The rule of entire abstinence from flesh, though generally insisted upon, was not of universal obligation among the ancient monks. The Carthusians are not allowed to eat flesh, even in the most dangerous sickness. They fast eight months in the year, and in Lent, Advent, and all Fridays, reject all white meats, as eggs, milk, butter, and cheese. On Sundays and holidays they eat together in a common refectory, but on other days they dine alone in their cells, their food being carried to them by a lay brother, who puts it into each cell at a little window, without speaking a word. They are not permitted to eat in any other place but the convent, nor to drink anything but water. According to the rule of Benedict, the monks were allowed as their daily portion (Reg. 33, 40) twelve, or eighteen, ounces of bread, a hemina of wine, and two dishes of vegetables. The flesh of quadrupeds was strictly prohibited, except to the feeble and the sick. When the Lombards, in 580, destroyed the abbey in which Benedict had resided on Mount Cassino, the abbot escaped to Rome, taking with him the weight of the bread and the measure of the wine which were the daily allowance of each monk. No monk is allowed to eat out of the monastery, unless he is at such a distance that he cannot return the same day. The Cistertians never eat flesh except in times of dangerous sickness; unless upon extraordinary occasions, they abstain also from eggs, butter, milk, and cheese, but they can make use of these articles of diet when they have been given in alms. From the Septuagesima until Easter flesh is banished even from the infirmaries. They all take their food together in the refectory. "In preieres and penaunces

Putten hem manye,

Al for the love of oure Lord

Lyveden ful streyte,

In hope to have after

Hevene rich blisse;

As ancres and heremites

That holden hem in hire selles,

And coveiten noght in contree

To carien aboute,

For no likerous liflode

Hire likame to plese."-Piers Ploughman, v. 49.

We have seen that the use of wine was not universally forbidden; but by the early canons the ascetics were prohibited from entering a public house. In the Anglo-Saxon church the priest was enjoined "to keep aloof from all parties assembled for the purpose of singing and carousing, and above all to preserve himself from drunkenness, the besetting sin of his countrymen." By the council of Cloveshoe, all inhabitants of monasteries are forbidden to drink to excess themselves, or to encourage such excess in others; they are to exclude from their entertainment coarse unseemly amusements, and never to allow their cells to become the resort of gleemen, harpers, and buffoons. Yet Alcuin accuses them of being addicted to "secret junketings, and furtive compotations." * In 1521, in the abbey of Whalley, containing about twenty monks, there was expended for red wine, the sum of £33 15s. 8d.; and for white or sweet wine, £9, which at the rate at which wine was then sold would give about eight pipes per annum. The monks of Sallay brewed annually 255 quarters of malted oats and 104 of barley, and as the whole establishment consisted of about seventy persons, each individual would consume about 300 gallons annually; but a large allowance must be made for hospitality.

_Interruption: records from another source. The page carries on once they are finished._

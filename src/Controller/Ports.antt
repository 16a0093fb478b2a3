-- ===== src/Controller/Ports.antt =====
-- reconcileContainerPorts (internal/controller/deployment.go) and reconcileServicePorts
-- (internal/controller/service.go): the same loops over two types of port. `name_of` reads a port's
-- name, and `adopt got want` is the existing port `got` with the fields that it takes from `want`.
pub mod Lookup
pub mod Count
pub mod Settled
use application_controller.Common.{
  String, Bool, true, false, Option, none, some, List, [], ◌∷◌, ◌++◌, GoMap, lookup, insert,
  string_eq,
}
use application_controller.Kube.{ContainerPort, ServicePort}

module _ {P : Type 0} (name_of : P → String) (adopt : P → P → P) where
  -- for _, p := range desired { desiredPortsByName[p.Name] = p }
  pub by_name : GoMap String P → List P → GoMap String P
  by_name m [] = m
  by_name m (p ∷ ps) = by_name (insert (name_of p) p m) ps

  -- if want, ok := desiredPortsByName[got.Name]; ok { … }, on the result so far and the names seen
  adopt_one : P → Option P → List P × GoMap String Bool → List P × GoMap String Bool
  adopt_one got none (result, seen) = (result, seen)
  adopt_one got (some want) (result, seen) =
      (result ++ adopt got want ∷ [], insert (name_of got) true seen)

  -- The loop over the existing ports.
  pub adopt_actual :
      GoMap String P → List P → List P × GoMap String Bool → List P × GoMap String Bool
  unfolding adopt_one
  adopt_actual desired [] acc = acc
  adopt_actual desired (got ∷ actual) acc =
      adopt_actual desired actual (adopt_one got (lookup (name_of got) desired) acc)

  -- if seen[want.Name] { continue }; result = append(result, want)
  append_new : GoMap String Bool → List P → List P → List P
  append_new seen [] result = result
  append_new seen (want ∷ desired) result =
      append_new seen desired
        (elim (lookup (name_of want) seen) [ some true ↦ result | _ ↦ result ++ want ∷ [] ])

  unfoldable pub reconcile_ports : List P → List P → List P
  unfolding by_name adopt_actual append_new
  reconcile_ports [] desired = desired
  reconcile_ports (got ∷ actual) desired =
      let (result, seen) = adopt_actual (by_name [] desired) (got ∷ actual) ([], []) in
      append_new seen desired result

abbrev pub adopt_container_port : ContainerPort → ContainerPort → ContainerPort
adopt_container_port got want = record got {
  container_port = want.container_port;
  protocol = want.protocol;
}

unfoldable pub reconcile_container_ports :
    List ContainerPort → List ContainerPort → List ContainerPort
unfolding reconcile_ports
reconcile_container_ports = reconcile_ports (λ p. p.name) adopt_container_port

abbrev pub adopt_service_port : ServicePort → ServicePort → ServicePort
adopt_service_port got want = record got {
  target_port = want.target_port;
  protocol = want.protocol;
}

unfoldable pub reconcile_service_ports : List ServicePort → List ServicePort → List ServicePort
unfolding reconcile_ports
reconcile_service_ports = reconcile_ports (λ p. p.name) adopt_service_port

Many of the earlier ascetics took only one meal daily, which was generally after sunset; some fasted three or four days without any nourishment whatever; and even when partaking of food they lived only on wild herbs and roots, or on pulse steeped in cold water, and never touched anything that had passed the fire. The water that they drank was sometimes kept until it was offensive. From the time of his conversion, Pachomius never ate a full meal. Paul, the Thebaean, had half a loaf brought him every day, by a raven, except upon one occasion when he was visited by Anthony, and the provident bird brought a whole one. According to Athanasius, the food of Anthony was bread and salt, and his drink water; whilst feeding upon this diet, he neither became fatter nor thinner; and his meals were taken in private, as he was ashamed that he was obliged to eat. An account of the daily food of Hilarion has been preserved. From his twenty-first to his twenty-seventh year, he ate at first lentiles in half-a-pint of cold water, and afterwards

* Lingard's Anglo-Saxon Church.

+ Whitaker's History of Whalley.

Whitaker's History of the Deanery of Craven.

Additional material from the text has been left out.